What exactly is common sense? Well, my grandmother referred to it as good old-fashioned horse-sense. Have you ever heard of that expression? I prefer to think of common sense as practical wisdom.

I’m talking about usable intelligence, that flows to us instinctively from ordinary life experience and a basic understanding of timeless principles and human nature.

It’s not fancy, sophisticated or expensive. And it is free to all who use it. You incur a cost only when you neglect to put it into practice.

But common sense hasn’t been so common, at least over the last few months. To a greater degree than most of us would be comfortable acknowledging, we have swapped common sense for groupthink or “crowd-think” as I heard it described recently. Unfortunately, we’re not currently facing a deficit of groupthink.

Groupthink is the tendency to conform to popular opinion. It most often reveals itself in rushed decisions, during crises, and when alternate perspectives and voices are not encouraged.  

Sometimes, group thinking is prevalent because consensus or a particular agenda is valued more than rational thinking or prudence.

More often than not, groupthink is the simple byproduct of intellectual laziness, impulsiveness, or a notion that everyone else knows the answers. And, sometimes it is just a reaction to fear and peer pressure.

 

Regardless, the collective power of groupthink tends to be counter-productive at best. In many instances, it can be tirelessly destructive—leading large groups of people to accept the herd mentality and go along with foolish ideas, even those that disregard truth or violate their cherished convictions.

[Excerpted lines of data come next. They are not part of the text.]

-- ===== src/Quantity/RoundTrip.antt =====
-- What `evm_uint64_to_quantity` prints, `evm_quantity_to_uint64` reads back.
use native.Mathlib.Nat.{pow-suc}
use polymarket_cpp_client.Prelude.{
  ℕ, zero, suc, ◌+◌, ◌*◌, ◌/◌, ◌%◌, ◌^◌, ◌<◌, ◌≤◌, ◌≡◌, ◌⊎◌, refl, sym, ap, ◌∙◌, arith, true, false,
  Bool-cases, inl, inr, ltb, leb, [], ◌∷◌, ◌++◌, append_assoc, append-nil, some, Bytes, is_empty,
}
use polymarket_cpp_client.Prelude.Except.{ok}
use polymarket_cpp_client.Hex.{hex_digit}
use polymarket_cpp_client.Hex.RoundTrip.{nibble-hex_digit}
use polymarket_cpp_client.Quantity.{
  digit, scan, starts_with_digit, read_digits, evm_quantity_to_uint64, print_hex,
  evm_uint64_to_quantity,
}

digit-hex_digit : (d : ℕ) → d < 16 → digit 16 (hex_digit d) ≡ some d
unfolding digit
digit-hex_digit d h = ground (arith, nibble-hex_digit d h)

scan-step :
    (base value c d : ℕ) (rest : Bytes)
    → digit base c ≡ some d
    → scan base value (c ∷ rest) ≡ scan base (value * base + d) rest
unfolding scan
scan-step base value c d rest h = rw (scan, h) refl

scan-hex_digit :
    (value d : ℕ) (rest : Bytes)
    → d < 16
    → scan 16 value (hex_digit d ∷ rest) ≡ scan 16 (value * 16 + d) rest
unfolding scan
scan-hex_digit value d rest h = scan-step 16 value (hex_digit d) d rest (digit-hex_digit d h)

-- One round of `print_hex`.
print_hex-large :
    (rounds value : ℕ)
    → 16 ≤ value
    → print_hex (suc rounds) value ≡ print_hex rounds (value / 16) ++ hex_digit (value % 16) ∷ []
unfolding print_hex
print_hex-large rounds value h = let large : ltb value 16 ≡ false = ground arith in rw large refl

print_hex-small :
    (rounds value : ℕ) → value < 16 → print_hex (suc rounds) value ≡ hex_digit value ∷ []
unfolding print_hex
print_hex-small rounds value h =
    let small : ltb value 16 ≡ true = ground arith in
    let same : value % 16 ≡ value = omega arith in rw (small, same) refl

sixteen : 16 ^ suc 0 ≡ 16
sixteen = refl

small_or_large : (value : ℕ) → (value < 16) ⊎ (16 ≤ value)
small_or_large value = elim (Bool-cases (ltb value 16)) [
  | inl t ↦ inl (ground arith)
  | inr f ↦ inr (ground arith)
]

scan-print_small :
    (rounds value : ℕ) (rest : Bytes)
    → value < 16
    → scan 16 0 (print_hex (suc rounds) value ++ rest) ≡ scan 16 value rest
scan-print_small rounds value rest small =
    rw (print_hex-small rounds value small)
      (scan-hex_digit 0 value rest small ∙ ap (λ v. scan 16 v rest) (omega arith))

scan-print_hex :
    (rounds value : ℕ) (rest : Bytes)
    → value < 16 ^ suc rounds
    → scan 16 0 (print_hex (suc rounds) value ++ rest) ≡ scan 16 value rest
scan-print_hex zero value rest h =
    let small : value < 16 = omega (arith, h, sixteen) in scan-print_small zero value rest small
scan-print_hex (suc r) value rest h = elim (small_or_large value) [
  | inl small ↦ scan-print_small (suc r) value rest small
  | inr large ↦
      let fewer : value / 16 < 16 ^ suc r = omega (arith, h, pow-suc 16 (suc r), large) in
      let back : value / 16 * 16 + value % 16 ≡ value = omega arith in
      rw
        (
          print_hex-large (suc r) value large,
          append_assoc (print_hex (suc r) (value / 16)) (hex_digit (value % 16) ∷ []) rest,
          scan-print_hex r (value / 16) (hex_digit (value % 16) ∷ rest) fewer,
          scan-hex_digit (value / 16) (value % 16) rest (omega arith),
          back,
        )
        refl
]

scan_end : (value : ℕ) → scan 16 value [] ≡ (value, [])
unfolding scan
scan_end value = refl

starts_with_digit-append :
    (xs ys : Bytes) → starts_with_digit 16 xs ≡ true → starts_with_digit 16 (xs ++ ys) ≡ true
unfolding starts_with_digit
starts_with_digit-append [] ys h = cc
starts_with_digit-append (x ∷ xs) ys h = h

starts_with_digit-print_small :
    (rounds value : ℕ) → value < 16 → starts_with_digit 16 (print_hex (suc rounds) value) ≡ true
unfolding starts_with_digit
starts_with_digit-print_small rounds value small =
    rw (print_hex-small rounds value small, starts_with_digit, digit-hex_digit value small) refl

starts_with_digit-print_hex :
    (rounds value : ℕ)
    → value < 16 ^ suc rounds
    → starts_with_digit 16 (print_hex (suc rounds) value) ≡ true
starts_with_digit-print_hex zero value h =
    starts_with_digit-print_small zero value (omega (arith, h, sixteen))
starts_with_digit-print_hex (suc r) value h = elim (small_or_large value) [
  | inl small ↦ starts_with_digit-print_small (suc r) value small
  | inr large ↦
      let fewer : value / 16 < 16 ^ suc r = omega (arith, h, pow-suc 16 (suc r), large) in
      rw (print_hex-large (suc r) value large) (
        starts_with_digit-append (print_hex (suc r) (value / 16)) (hex_digit (value % 16) ∷ [])
          (starts_with_digit-print_hex r (value / 16) fewer))
]

starts_with_digit-not_empty : (xs : Bytes) → starts_with_digit 16 xs ≡ true → is_empty xs ≡ false
unfolding starts_with_digit is_empty
starts_with_digit-not_empty [] h = cc
starts_with_digit-not_empty (x ∷ xs) h = refl

-- Every uint64 that `evm_uint64_to_quantity` prints is read back unchanged by
-- `evm_quantity_to_uint64`.
pub evm_quantity_to_uint64-evm_uint64_to_quantity :
    (value : ℕ) → value < 2 ^ 64 → evm_quantity_to_uint64 (evm_uint64_to_quantity value) ≡ ok value
unfolding evm_quantity_to_uint64 evm_uint64_to_quantity read_digits is_empty
evm_quantity_to_uint64-evm_uint64_to_quantity value h =
    let width : 16 ^ 16 ≡ 2 ^ 64 = refl in
    let fits : value < 16 ^ 16 = omega (arith, h, width) in
    let starts : starts_with_digit 16 (print_hex 16 value) ≡ true =
      starts_with_digit-print_hex 15 value fits in
    let filled = starts_with_digit-not_empty (print_hex 16 value) starts in
    let scanned : scan 16 0 (print_hex 16 value) ≡ (value, []) =
      ap (scan 16 0) (sym (append-nil (print_hex 16 value)))
      ∙ scan-print_hex 15 value [] fits
      ∙ scan_end value in
    let in_range : leb (2 ^ 64) value ≡ false = ground arith in
    rw (filled, starts, scanned, in_range) refl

Of course, at one time or another, we’ve all probably given into, or played along with, groupthink. The more immature we were, the more susceptible we were to be captivated by groupthink and popular opinion. 

Nevertheless, the more confident we are in the quality of our own thinking, the less likely we are to surrender our reasoning for the sake of a group.

If you are a responsible parent, you’ve likely attempted to empower your children to “think for themselves.” I don’t know about you, but if I heard that admonition once growing up, I heard it a thousand times.

And, looking back, my worst decisions seemed to coincide with violating this principle of “thinking for myself.” That’s probably not just a coincidence, right? Consider your worst decisions. Most likely they weren’t really your decisions—except for the fact that you agreed to follow a much louder group versus your quieter inner voice.

When you think for yourself, you are more likely to make smart choices that move your career, relationship, health, and overall life in a positive direction. I strongly suspect our Creator gave each of us separate brains so that we would use them as distinct individuals, not simply to parrot the communal thought processes of our neighbors. 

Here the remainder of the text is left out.